Chronique En direct de nos colonies Nord-Sud

Congo : le silence de la France

Raphaël Granvaud

« Le silence de la France », titrait Libération (23 juillet 2017) au sujet de la dernière plaisanterie électorale du Congo-Brazzaville. Cinq jours après la tenue des élections législatives de juillet 2017, boycottées par une partie de l’opposition, le parti au pouvoir a annoncé qu’il s’arrogeait dès le premier tour 70 des 151 sièges de l’Assemblée nationale, dans l’indifférence de la « communauté internationale ». Dans le pays, la diplomatie française s’est fait tellement discrète que même les personnes binationales titulaires de la nationalité française ne bénéficient plus d’aucun soutien quand elles sont arrêtées arbitrairement, rapporte Libération : « À Brazzaville, l’ambassadeur de France brille par son silence ». C’est très exagéré ! Deux jours avant les élections, à l’occasion de la fête nationale française, l’ambassadeur Bertrand Cochery assurait en effet les autorités congolaises que « le Congo peut compter sur l’appui de la France pour relever les défis les plus brûlants du moment », en particulier en matière de coopération militaire (Agence d’information d’Afrique Centrale, 15 juillet 2017).

Guerre silencieuse

Quant à son ministère de tutelle, il est finalement sorti de son silence à la veille du second tour, mais pour se dire « préoccupé » par l’absence de scrutin dans le Pool. En raison de la guerre menée contre cette province par les autorités après l’élection présidentielle truquée, le vote a en effet été reporté dans 8 des 14 circonscriptions de cette région. En plus de subir les bombardements du pouvoir, les populations civiles ne participaient pas au processus électoral. Le mandat des député·es concerné·es a finalement été prolongé, histoire de maintenir un reste de vernis démocratique sur un pays qui cherche à taire les exactions de son armée contre la population, dans un département où la population est prise au piège, sans média pour témoigner ni aide humanitaire (RFI, 8 août 2017).
L’ONU et le gouvernement reconnaissent que 138 000 personnes sont « en détresse » (AFP, 20 août 2017), mais pour André Gombet du Collectif Sassoufit, la "tragédie
du Pool« , c’est plus précisément  »100 000 déplacés, des villages brûlés, des populations massacrées, plus de 150 prisonniers politiques et d’opinion" (Le Monde Afrique, 21 septembre 2017).

Soutien français

Mais le Pool peut continuer de souffrir en silence : les autorités françaises sont surtout soucieuses de voir le dictateur congolais, qui préside le Comité de haut niveau de l’Union Africaine sur la Libye, défendre les manoeuvres diplomatiques françaises en faveur du général Haftar en Libye ; et préoccupées de voir le pays renouer avec le FMI. Sassou, qui brade allègrement toute la production pétrolière
à venir et détourne massivement les richesses du pays, a en effet tenté de dissimuler un endettement abyssal aux institutions financières internationales.
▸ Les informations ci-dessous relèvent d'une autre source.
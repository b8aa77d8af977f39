-- ===== src/Server/LogRetention/Loops.antt =====
-- The two loops of `plan_log_maintenance` (apps/lmt-server/src/lib.rs).
use lzu_mirror_tools.Prelude.{
  ℕ, ◌≤◌, ◌≡◌, refl, ap, sym, subst, ◌∙◌, ◌⊎◌, inl, inr, true, false, Option, List, [], ◌∷◌, ◌++◌,
  arith, Bool-cases, leb, Memᴰ, if◌then◌else◌,
}
use lzu_mirror_tools.Prelude.Int.{ℤ}
use lzu_mirror_tools.Prelude.Text.{text_eq_refl}
use lzu_mirror_tools.Prelude.Tables.{exists_where, All}
use lzu_mirror_tools.Prelude.Tables.Select.{exists_where-append}
use lzu_mirror_tools.Store.Logs.{LogRetentionEntry}
use lzu_mirror_tools.Server.LogRetention.{
  LogExpirationView, Progress, names, push, is_older, expire_by_age, expire_by_size,
}

-- The candidate is the log of an entry.
unfoldable pub Comes : List LogRetentionEntry → LogExpirationView → Type 0
Comes base c =
    (e : LogRetentionEntry) × Memᴰ e base × (names e c ≡ true) × (c.stored_bytes ≡ e.stored_bytes)

All-append :
    (base : List LogRetentionEntry) (cs : List LogExpirationView) (c : LogExpirationView)
    → All (Comes base) cs
    → Comes base c
    → All (Comes base) (cs ++ c ∷ [])
All-append base [] c h k = (k, tt)
All-append base (x ∷ cs) c h k = (h.0, All-append base cs c h.1 k)

-- An entry stays named, and the candidates are of entries.
pub record Grows (base : List LogRetentionEntry) (s s' : Progress) : Type 0 where
  pub keeps :
      (e : LogRetentionEntry)
      → exists_where (names e) s.1 ≡ true
      → exists_where (names e) s'.1 ≡ true
  pub comes : All (Comes base) s.1 → All (Comes base) s'.1

Grows-refl : (base : List LogRetentionEntry) (s : Progress) → Grows base s s
Grows-refl base s = record { keeps = λ e h. h; comes = λ h. h }

pub Grows-trans :
    (base : List LogRetentionEntry) (s t u : Progress)
    → Grows base s t
    → Grows base t u
    → Grows base s u
Grows-trans base s t u g h = record {
  keeps = λ e k. h.keeps e (g.keeps e k);
  comes = λ k. h.comes (g.comes k);
}

push-Grows :
    (base : List LogRetentionEntry) (e : LogRetentionEntry) (s : Progress)
    → Memᴰ e base
    → Grows base s (push e s)
unfolding push names Comes
push-Grows base e (projected, candidates) m = record {
  keeps =
      λ x h. (let e = exists_where-append (names x) candidates (view ∷ []) in ground (arith, e, h));
  comes =
      λ h. All-append base candidates view h (e, m, ground (arith, text_eq_refl e.run_id), refl);
}
  where
    view : LogExpirationView
    view = record { run_id = e.run_id; attempt = e.attempt_no; stored_bytes = e.stored_bytes }

push-names : (e : LogRetentionEntry) (s : Progress) → exists_where (names e) (push e s).1 ≡ true
unfolding push names exists_where
push-names e (projected, candidates) =
    (let view : LogExpirationView = record {
      run_id = e.run_id;
      attempt = e.attempt_no;
      stored_bytes = e.stored_bytes;
    } in
      exists_where-append (names e) candidates (view ∷ []) ∙ ground (arith, text_eq_refl e.run_id))

pub expire_by_age-Grows :
    (base : List LogRetentionEntry) (cutoff : Option ℤ) (es : List LogRetentionEntry) (s : Progress)
    → ((e : LogRetentionEntry) → Memᴰ e es → is_older cutoff e ≡ true → Memᴰ e base)
    → Grows base s (expire_by_age cutoff es s)
unfolding expire_by_age
expire_by_age-Grows base cutoff [] s sub = Grows-refl base s
expire_by_age-Grows base cutoff (e ∷ es) s sub = elim (Bool-cases (is_older cutoff e)) [
  | inl t ↦ rw t (
      Grows-trans base s (push e s) (expire_by_age cutoff es (push e s))
        (push-Grows base e s (sub e (Memᴰ.head refl) t))
        (expire_by_age-Grows base cutoff es (push e s) (λ x m. sub x (Memᴰ.tail m))))
  | inr f ↦ rw f (expire_by_age-Grows base cutoff es s (λ x m. sub x (Memᴰ.tail m)))
]

-- Every entry older than the cutoff is a candidate.
pub expire_by_age-names :
    (base : List LogRetentionEntry) (cutoff : Option ℤ) (es : List LogRetentionEntry) (s : Progress)
    {e : LogRetentionEntry}
    → ((e : LogRetentionEntry) → Memᴰ e es → Memᴰ e base)
    → Memᴰ e es
    → is_older cutoff e ≡ true
    → exists_where (names e) (expire_by_age cutoff es s).1 ≡ true
unfolding expire_by_age
expire_by_age-names base cutoff [] s sub m h = elim m [ ]
expire_by_age-names base cutoff (x ∷ es) s {e} sub (Memᴰ.head q) h =
    subst (λ (t : Progress). exists_where (names e) t.1 ≡ true)
      (ap (λ b. expire_by_age cutoff es (if b then push x s else s))
        (sym (ap (is_older cutoff) (sym q) ∙ h)))
      ((expire_by_age-Grows base cutoff es (push x s) (λ y m t. sub y (Memᴰ.tail m))).keeps e
        (subst (λ y. exists_where (names y) (push x s).1 ≡ true) (sym q) (push-names x s)))
expire_by_age-names base cutoff (x ∷ es) s sub (Memᴰ.tail m) h =
    expire_by_age-names base cutoff es (if is_older cutoff x then push x s else s)
      (λ y k. sub y (Memᴰ.tail k)) m h

pub expire_by_size-Grows :
    (base : List LogRetentionEntry) (cap : ℕ) (es : List LogRetentionEntry) (s : Progress)
    → ((e : LogRetentionEntry) → Memᴰ e es → Memᴰ e base)
    → Grows base s (expire_by_size cap es s)
unfolding expire_by_size
expire_by_size-Grows base cap [] s sub = Grows-refl base s
expire_by_size-Grows base cap (e ∷ es) s sub = elim (Bool-cases (leb s.0 cap)) [
  | inl t ↦ rw t (Grows-refl base s)
  | inr f ↦ elim (Bool-cases (exists_where (names e) s.1)) [
    | inl t ↦ rw (f, t) (expire_by_size-Grows base cap es s (λ x m. sub x (Memᴰ.tail m)))
    | inr n ↦
        rw (f, n)
          (Grows-trans base s (push e s) (expire_by_size cap es (push e s))
            (push-Grows base e s (sub e (Memᴰ.head refl)))
            (expire_by_size-Grows base cap es (push e s) (λ x m. sub x (Memᴰ.tail m))))
  ]
]

with_first :
    (base : List LogRetentionEntry) (cap : ℕ) (e : LogRetentionEntry) (es : List LogRetentionEntry)
    (t t' : Progress)
    → Grows base t t'
    → exists_where (names e) t.1 ≡ true
    → (t'.0 ≤ cap) ⊎ All (λ x. exists_where (names x) t'.1 ≡ true) es
    → (t'.0 ≤ cap) ⊎ All (λ x. exists_where (names x) t'.1 ≡ true) (e ∷ es)
with_first base cap e es t t' g h (inl k) = inl k
with_first base cap e es t t' g h (inr k) = inr (g.keeps e h, k)

-- The loop ended under the cap, or with every entry a candidate.
unfoldable pub Ends : ℕ → List LogRetentionEntry → Progress → Type 0
Ends cap es s = (s.0 ≤ cap) ⊎ All (λ e. exists_where (names e) s.1 ≡ true) es

pub expire_by_size-Ends :
    (base : List LogRetentionEntry) (cap : ℕ) (es : List LogRetentionEntry) (s : Progress)
    → ((e : LogRetentionEntry) → Memᴰ e es → Memᴰ e base)
    → Ends cap es (expire_by_size cap es s)
unfolding expire_by_size Ends
expire_by_size-Ends base cap [] s sub = inr tt
expire_by_size-Ends base cap (e ∷ es) s sub =
    let sub' : (x : LogRetentionEntry) → Memᴰ x es → Memᴰ x base = λ x m. sub x (Memᴰ.tail m) in
    let step : (t : Progress)
        → exists_where (names e) t.1 ≡ true
        → Ends cap (e ∷ es) (expire_by_size cap es t) =
      λ t h.
        with_first base cap e es t (expire_by_size cap es t)
          (expire_by_size-Grows base cap es t sub') h (expire_by_size-Ends base cap es t sub') in
    elim (Bool-cases (leb s.0 cap)) [
      | inl t ↦ subst (Ends cap (e ∷ es)) (stops t) (inl (ground (arith, t)))
      | inr f ↦ elim (Bool-cases (exists_where (names e) s.1)) [
        | inl t ↦ subst (Ends cap (e ∷ es)) (goes f t) (step s t)
        | inr n ↦ subst (Ends cap (e ∷ es)) (pushes f n) (step (push e s) (push-names e s))
      ]
    ]
  where
    stops : leb s.0 cap ≡ true → s ≡ expire_by_size cap (e ∷ es) s
    stops t = ground (arith, t)

    goes :
        leb s.0 cap ≡ false
        → exists_where (names e) s.1 ≡ true
        → expire_by_size cap es s ≡ expire_by_size cap (e ∷ es) s
    goes f t = ground (arith, f, t)

    pushes :
        leb s.0 cap ≡ false
        → exists_where (names e) s.1 ≡ false
        → expire_by_size cap es (push e s) ≡ expire_by_size cap (e ∷ es) s
    pushes f n = ground (arith, f, n)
La dette publique, annoncée inférieure à 77 % du PIB, dépasse en réalité les 120 % ! Des nouvelles mesures « d’ajustement structurel » sont donc exigées, qui risquent d’alimenter encore la contestation sociale et politique. Pour soigner son image et amadouer le FMI, le régime aurait reçu le soutien de Jean-Philippe Dorent, directeur général de la branche « lobbying » de Havas, propriété de Bolloré (Les Afrique, 04 octobre 2017). Encore plus fort, Sassou a recruté l’ancien directeur du FMI, Dominique Strauss-Kahn pour l’aider à mener les négociations.